Exercise prompt: For the entries below, report the number of lines containing "IsDigits", without any other content.

Segment Open

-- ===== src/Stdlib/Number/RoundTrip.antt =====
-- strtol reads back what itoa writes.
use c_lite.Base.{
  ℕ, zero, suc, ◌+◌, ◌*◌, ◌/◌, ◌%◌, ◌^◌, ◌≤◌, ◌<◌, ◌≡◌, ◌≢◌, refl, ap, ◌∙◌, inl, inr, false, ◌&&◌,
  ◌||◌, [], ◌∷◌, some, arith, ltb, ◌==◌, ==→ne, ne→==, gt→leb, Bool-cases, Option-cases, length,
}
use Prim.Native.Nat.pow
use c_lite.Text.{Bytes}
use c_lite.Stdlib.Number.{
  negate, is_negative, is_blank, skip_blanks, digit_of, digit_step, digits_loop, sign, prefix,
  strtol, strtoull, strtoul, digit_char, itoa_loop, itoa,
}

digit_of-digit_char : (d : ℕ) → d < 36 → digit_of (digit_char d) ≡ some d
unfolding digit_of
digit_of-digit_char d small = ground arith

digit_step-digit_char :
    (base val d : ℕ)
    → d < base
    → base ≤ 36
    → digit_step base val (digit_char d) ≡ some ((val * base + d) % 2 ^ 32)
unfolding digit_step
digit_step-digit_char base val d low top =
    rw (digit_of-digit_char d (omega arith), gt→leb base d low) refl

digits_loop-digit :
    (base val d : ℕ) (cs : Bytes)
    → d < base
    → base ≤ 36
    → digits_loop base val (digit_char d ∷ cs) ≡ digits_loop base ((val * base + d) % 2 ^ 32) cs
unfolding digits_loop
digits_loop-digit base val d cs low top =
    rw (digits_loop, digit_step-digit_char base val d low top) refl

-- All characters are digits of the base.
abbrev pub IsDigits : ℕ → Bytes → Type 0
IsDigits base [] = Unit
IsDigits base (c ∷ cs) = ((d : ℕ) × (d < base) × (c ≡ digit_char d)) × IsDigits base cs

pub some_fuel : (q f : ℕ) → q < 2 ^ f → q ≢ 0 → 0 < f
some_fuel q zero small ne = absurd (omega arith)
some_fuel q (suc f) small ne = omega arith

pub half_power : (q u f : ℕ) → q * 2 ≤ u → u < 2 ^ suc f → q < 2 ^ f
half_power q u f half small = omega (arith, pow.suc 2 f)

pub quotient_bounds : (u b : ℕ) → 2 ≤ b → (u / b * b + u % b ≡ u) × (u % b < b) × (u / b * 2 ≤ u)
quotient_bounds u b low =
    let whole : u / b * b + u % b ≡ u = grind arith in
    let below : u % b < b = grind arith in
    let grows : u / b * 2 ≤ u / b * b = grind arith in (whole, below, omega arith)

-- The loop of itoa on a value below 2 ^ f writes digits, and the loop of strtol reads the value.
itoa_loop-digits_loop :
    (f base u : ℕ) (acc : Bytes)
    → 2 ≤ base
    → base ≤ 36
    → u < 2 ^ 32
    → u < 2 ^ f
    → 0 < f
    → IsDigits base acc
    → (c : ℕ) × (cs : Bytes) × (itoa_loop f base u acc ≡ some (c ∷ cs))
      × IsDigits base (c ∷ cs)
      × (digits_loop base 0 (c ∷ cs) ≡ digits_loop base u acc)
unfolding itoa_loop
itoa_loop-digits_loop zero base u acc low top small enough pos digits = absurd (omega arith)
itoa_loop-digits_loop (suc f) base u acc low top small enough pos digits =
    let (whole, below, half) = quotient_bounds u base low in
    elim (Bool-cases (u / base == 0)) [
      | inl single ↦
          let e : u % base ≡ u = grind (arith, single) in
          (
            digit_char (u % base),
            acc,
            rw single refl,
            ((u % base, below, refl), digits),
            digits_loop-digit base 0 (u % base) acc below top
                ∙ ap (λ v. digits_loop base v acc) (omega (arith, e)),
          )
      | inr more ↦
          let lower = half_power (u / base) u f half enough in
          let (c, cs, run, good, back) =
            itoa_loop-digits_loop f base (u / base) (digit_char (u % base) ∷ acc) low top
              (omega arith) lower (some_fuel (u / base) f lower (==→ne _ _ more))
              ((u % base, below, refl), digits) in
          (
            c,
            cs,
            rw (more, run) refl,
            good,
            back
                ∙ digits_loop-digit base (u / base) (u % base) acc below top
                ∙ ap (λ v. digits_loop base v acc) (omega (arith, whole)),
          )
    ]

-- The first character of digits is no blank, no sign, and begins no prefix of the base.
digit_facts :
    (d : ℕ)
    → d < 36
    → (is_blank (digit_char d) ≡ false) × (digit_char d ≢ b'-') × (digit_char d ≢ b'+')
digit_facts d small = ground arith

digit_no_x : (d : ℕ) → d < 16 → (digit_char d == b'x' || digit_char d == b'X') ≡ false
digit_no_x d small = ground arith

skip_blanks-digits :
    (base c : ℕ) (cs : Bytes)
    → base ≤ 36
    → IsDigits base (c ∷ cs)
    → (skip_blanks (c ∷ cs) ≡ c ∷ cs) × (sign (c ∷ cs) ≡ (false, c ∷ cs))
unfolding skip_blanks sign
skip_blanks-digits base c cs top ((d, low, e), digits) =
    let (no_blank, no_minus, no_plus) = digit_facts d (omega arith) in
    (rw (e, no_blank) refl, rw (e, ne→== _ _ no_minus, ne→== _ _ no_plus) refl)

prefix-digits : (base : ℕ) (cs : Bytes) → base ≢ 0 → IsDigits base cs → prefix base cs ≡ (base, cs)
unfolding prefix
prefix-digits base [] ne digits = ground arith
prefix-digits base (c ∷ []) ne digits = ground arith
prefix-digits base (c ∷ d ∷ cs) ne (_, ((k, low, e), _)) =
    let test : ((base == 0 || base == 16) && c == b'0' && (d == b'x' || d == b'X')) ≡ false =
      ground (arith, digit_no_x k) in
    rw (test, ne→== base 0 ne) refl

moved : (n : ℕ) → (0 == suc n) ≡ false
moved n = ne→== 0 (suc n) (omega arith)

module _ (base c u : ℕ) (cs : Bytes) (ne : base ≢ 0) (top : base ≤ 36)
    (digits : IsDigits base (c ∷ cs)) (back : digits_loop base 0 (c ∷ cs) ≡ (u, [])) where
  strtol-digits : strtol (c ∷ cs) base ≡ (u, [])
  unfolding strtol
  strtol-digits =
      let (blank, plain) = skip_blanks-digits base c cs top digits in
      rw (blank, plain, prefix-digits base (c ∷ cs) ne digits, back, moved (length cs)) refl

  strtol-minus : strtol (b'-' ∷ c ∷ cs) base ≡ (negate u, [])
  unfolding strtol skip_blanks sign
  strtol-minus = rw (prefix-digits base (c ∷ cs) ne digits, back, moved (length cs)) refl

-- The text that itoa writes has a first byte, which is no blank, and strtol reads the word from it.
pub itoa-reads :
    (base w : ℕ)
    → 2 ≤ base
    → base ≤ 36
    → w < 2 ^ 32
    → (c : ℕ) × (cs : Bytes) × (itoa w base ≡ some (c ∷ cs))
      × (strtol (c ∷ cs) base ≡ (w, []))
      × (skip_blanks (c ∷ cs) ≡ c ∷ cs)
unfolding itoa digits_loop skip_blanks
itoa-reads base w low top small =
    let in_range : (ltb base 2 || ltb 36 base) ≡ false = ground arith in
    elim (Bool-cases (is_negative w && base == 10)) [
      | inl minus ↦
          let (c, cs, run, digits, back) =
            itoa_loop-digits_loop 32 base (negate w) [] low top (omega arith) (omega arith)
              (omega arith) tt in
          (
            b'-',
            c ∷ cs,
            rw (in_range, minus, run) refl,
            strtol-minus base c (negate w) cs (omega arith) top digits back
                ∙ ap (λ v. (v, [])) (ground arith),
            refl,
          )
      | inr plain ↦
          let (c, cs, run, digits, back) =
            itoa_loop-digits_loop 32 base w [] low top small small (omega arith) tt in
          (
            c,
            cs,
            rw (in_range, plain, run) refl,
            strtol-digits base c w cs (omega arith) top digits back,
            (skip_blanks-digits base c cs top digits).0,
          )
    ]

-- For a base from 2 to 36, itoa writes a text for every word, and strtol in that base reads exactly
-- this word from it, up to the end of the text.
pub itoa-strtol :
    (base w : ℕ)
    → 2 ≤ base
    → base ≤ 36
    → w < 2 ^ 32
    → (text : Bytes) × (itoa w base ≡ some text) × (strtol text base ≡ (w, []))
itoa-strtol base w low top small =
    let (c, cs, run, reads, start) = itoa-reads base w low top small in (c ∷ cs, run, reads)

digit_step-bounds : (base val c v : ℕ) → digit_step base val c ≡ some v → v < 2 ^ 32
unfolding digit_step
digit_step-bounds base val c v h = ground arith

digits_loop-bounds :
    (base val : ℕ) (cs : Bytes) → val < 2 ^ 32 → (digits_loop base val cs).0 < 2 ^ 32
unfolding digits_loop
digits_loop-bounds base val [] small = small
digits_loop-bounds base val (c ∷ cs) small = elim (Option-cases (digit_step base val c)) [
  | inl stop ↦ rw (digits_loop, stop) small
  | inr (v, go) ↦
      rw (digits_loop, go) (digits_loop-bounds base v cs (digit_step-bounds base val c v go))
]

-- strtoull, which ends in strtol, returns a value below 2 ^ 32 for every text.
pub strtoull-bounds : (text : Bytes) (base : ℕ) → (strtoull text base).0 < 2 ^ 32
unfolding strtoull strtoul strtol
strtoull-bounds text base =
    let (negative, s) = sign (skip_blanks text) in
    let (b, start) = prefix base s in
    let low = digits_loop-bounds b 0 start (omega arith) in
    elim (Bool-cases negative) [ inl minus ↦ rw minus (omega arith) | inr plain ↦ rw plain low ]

Segment Closed

Response to the task: 8